### [Work to be completed]
I need every line of the material below that includes the string "true".
++++ Data shown
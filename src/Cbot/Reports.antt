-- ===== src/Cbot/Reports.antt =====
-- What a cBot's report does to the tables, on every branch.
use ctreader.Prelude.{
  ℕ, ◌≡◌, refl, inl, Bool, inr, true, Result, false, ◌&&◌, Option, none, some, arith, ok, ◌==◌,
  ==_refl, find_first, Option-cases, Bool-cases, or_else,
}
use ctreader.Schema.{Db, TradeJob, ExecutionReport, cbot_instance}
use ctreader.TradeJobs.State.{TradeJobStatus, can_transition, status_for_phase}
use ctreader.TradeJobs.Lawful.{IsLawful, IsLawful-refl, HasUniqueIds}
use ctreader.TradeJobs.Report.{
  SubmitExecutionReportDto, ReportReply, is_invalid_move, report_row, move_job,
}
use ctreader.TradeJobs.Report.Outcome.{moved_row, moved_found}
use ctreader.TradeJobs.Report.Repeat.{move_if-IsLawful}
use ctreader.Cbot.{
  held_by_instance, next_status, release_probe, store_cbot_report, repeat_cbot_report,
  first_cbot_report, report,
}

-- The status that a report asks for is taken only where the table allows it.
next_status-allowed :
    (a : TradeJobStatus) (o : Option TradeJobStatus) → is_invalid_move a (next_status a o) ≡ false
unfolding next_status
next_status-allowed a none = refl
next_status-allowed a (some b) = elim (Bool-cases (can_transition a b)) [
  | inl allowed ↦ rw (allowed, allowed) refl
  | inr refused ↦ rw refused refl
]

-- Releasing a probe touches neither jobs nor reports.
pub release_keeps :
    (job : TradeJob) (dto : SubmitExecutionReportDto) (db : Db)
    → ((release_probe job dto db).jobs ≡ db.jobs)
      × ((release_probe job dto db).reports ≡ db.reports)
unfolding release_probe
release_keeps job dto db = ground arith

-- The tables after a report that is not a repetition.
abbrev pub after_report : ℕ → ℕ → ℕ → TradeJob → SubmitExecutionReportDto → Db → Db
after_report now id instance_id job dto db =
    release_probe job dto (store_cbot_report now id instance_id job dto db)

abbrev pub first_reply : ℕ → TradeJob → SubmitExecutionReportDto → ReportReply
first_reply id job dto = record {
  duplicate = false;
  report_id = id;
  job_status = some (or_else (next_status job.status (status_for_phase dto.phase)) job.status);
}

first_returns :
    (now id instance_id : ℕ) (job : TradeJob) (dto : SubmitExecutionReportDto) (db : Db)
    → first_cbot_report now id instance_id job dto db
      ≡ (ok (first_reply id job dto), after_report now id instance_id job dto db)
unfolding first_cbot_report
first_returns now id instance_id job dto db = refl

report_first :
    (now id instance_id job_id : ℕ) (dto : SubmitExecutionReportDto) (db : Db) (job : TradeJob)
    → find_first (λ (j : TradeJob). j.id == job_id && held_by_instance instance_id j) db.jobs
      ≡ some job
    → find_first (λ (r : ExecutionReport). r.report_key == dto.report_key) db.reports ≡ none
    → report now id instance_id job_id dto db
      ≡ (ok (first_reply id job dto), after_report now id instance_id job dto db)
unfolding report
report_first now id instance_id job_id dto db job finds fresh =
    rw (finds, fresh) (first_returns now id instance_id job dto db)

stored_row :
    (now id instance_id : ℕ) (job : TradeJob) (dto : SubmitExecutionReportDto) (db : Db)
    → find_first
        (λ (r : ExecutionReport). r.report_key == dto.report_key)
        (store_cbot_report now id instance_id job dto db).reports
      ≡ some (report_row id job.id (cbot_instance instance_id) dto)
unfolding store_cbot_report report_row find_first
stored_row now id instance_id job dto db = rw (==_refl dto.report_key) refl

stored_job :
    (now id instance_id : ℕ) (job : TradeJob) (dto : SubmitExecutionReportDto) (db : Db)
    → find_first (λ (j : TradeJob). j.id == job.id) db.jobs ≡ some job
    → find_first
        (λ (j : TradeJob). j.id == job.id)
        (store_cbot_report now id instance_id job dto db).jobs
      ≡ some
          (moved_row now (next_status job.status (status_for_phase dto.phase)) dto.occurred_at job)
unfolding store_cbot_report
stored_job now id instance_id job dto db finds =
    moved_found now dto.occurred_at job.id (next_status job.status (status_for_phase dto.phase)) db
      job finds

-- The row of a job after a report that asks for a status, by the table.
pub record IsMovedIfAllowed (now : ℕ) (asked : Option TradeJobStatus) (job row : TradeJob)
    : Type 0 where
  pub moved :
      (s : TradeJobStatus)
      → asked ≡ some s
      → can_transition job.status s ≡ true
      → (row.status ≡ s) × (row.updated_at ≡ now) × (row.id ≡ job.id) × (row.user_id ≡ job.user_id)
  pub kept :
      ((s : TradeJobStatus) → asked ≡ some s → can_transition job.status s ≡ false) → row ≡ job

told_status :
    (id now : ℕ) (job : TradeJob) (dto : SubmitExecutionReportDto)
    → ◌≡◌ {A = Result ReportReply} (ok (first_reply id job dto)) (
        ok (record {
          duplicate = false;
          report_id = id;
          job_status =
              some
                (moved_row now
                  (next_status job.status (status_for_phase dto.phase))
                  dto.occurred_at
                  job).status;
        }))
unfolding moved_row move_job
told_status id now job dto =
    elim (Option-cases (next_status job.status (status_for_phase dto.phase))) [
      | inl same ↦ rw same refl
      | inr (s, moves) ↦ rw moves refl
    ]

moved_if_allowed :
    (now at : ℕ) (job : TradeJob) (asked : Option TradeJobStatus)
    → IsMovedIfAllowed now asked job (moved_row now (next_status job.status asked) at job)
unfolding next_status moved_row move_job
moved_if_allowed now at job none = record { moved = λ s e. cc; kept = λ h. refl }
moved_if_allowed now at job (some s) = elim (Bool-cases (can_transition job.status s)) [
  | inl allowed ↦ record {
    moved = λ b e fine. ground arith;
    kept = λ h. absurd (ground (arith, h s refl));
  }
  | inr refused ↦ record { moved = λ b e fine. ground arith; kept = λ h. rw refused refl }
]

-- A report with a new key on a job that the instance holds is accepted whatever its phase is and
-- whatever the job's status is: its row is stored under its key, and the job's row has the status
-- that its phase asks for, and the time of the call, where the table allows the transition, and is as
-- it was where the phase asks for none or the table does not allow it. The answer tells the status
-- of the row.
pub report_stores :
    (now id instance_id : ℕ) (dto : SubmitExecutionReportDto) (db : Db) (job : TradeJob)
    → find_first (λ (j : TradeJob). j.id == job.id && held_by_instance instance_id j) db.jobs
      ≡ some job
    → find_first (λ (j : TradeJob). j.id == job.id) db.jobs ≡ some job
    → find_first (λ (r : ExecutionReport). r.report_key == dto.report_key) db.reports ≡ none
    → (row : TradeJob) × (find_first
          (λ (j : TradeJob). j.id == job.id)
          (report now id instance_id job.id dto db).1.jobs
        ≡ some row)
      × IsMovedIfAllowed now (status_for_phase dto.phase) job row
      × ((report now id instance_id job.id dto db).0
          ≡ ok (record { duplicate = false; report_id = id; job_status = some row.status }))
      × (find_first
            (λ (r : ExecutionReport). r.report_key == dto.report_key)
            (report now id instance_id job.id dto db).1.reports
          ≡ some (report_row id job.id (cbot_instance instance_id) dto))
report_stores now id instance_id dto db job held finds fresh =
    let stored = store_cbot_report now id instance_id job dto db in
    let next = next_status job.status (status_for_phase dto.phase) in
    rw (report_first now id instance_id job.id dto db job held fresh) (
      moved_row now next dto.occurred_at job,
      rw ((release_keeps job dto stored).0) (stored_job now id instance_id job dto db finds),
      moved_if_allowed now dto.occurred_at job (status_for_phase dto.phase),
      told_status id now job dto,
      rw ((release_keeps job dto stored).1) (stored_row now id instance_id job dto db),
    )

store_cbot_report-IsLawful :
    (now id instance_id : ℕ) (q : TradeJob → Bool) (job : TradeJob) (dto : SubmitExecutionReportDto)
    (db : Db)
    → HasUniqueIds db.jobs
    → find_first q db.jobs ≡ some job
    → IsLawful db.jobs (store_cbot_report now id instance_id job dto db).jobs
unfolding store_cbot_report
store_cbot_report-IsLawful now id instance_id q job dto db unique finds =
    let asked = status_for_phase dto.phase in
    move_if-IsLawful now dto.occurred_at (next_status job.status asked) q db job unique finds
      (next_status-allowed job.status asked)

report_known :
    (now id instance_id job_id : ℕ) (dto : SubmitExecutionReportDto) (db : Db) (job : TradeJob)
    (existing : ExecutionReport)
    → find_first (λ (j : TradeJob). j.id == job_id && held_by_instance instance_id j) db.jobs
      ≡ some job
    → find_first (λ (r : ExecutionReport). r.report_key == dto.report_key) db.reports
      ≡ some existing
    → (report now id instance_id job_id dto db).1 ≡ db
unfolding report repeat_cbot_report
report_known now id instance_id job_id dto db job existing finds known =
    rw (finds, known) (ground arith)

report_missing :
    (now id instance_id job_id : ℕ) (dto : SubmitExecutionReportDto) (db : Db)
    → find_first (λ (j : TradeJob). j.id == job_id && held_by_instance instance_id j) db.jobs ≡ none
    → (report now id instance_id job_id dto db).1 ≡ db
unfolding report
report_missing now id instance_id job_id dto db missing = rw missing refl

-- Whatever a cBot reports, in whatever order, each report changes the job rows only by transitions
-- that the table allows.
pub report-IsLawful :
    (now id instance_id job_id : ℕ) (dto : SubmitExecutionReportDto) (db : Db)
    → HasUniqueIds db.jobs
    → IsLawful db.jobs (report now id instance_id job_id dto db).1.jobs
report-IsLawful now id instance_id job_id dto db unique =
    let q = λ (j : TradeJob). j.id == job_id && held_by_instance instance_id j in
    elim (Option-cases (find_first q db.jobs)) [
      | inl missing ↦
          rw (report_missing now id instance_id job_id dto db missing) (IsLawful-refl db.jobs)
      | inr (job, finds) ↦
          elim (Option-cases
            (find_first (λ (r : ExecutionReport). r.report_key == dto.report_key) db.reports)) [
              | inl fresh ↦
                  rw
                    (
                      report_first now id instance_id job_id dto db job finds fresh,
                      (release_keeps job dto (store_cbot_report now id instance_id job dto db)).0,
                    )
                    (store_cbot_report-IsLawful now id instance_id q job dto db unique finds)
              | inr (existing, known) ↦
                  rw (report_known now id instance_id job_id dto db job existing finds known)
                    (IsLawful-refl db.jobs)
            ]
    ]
++++++++
### [Completed exercise]
  ℕ, ◌≡◌, refl, inl, Bool, inr, true, Result, false, ◌&&◌, Option, none, some, arith, ok, ◌==◌,
      → can_transition job.status s ≡ true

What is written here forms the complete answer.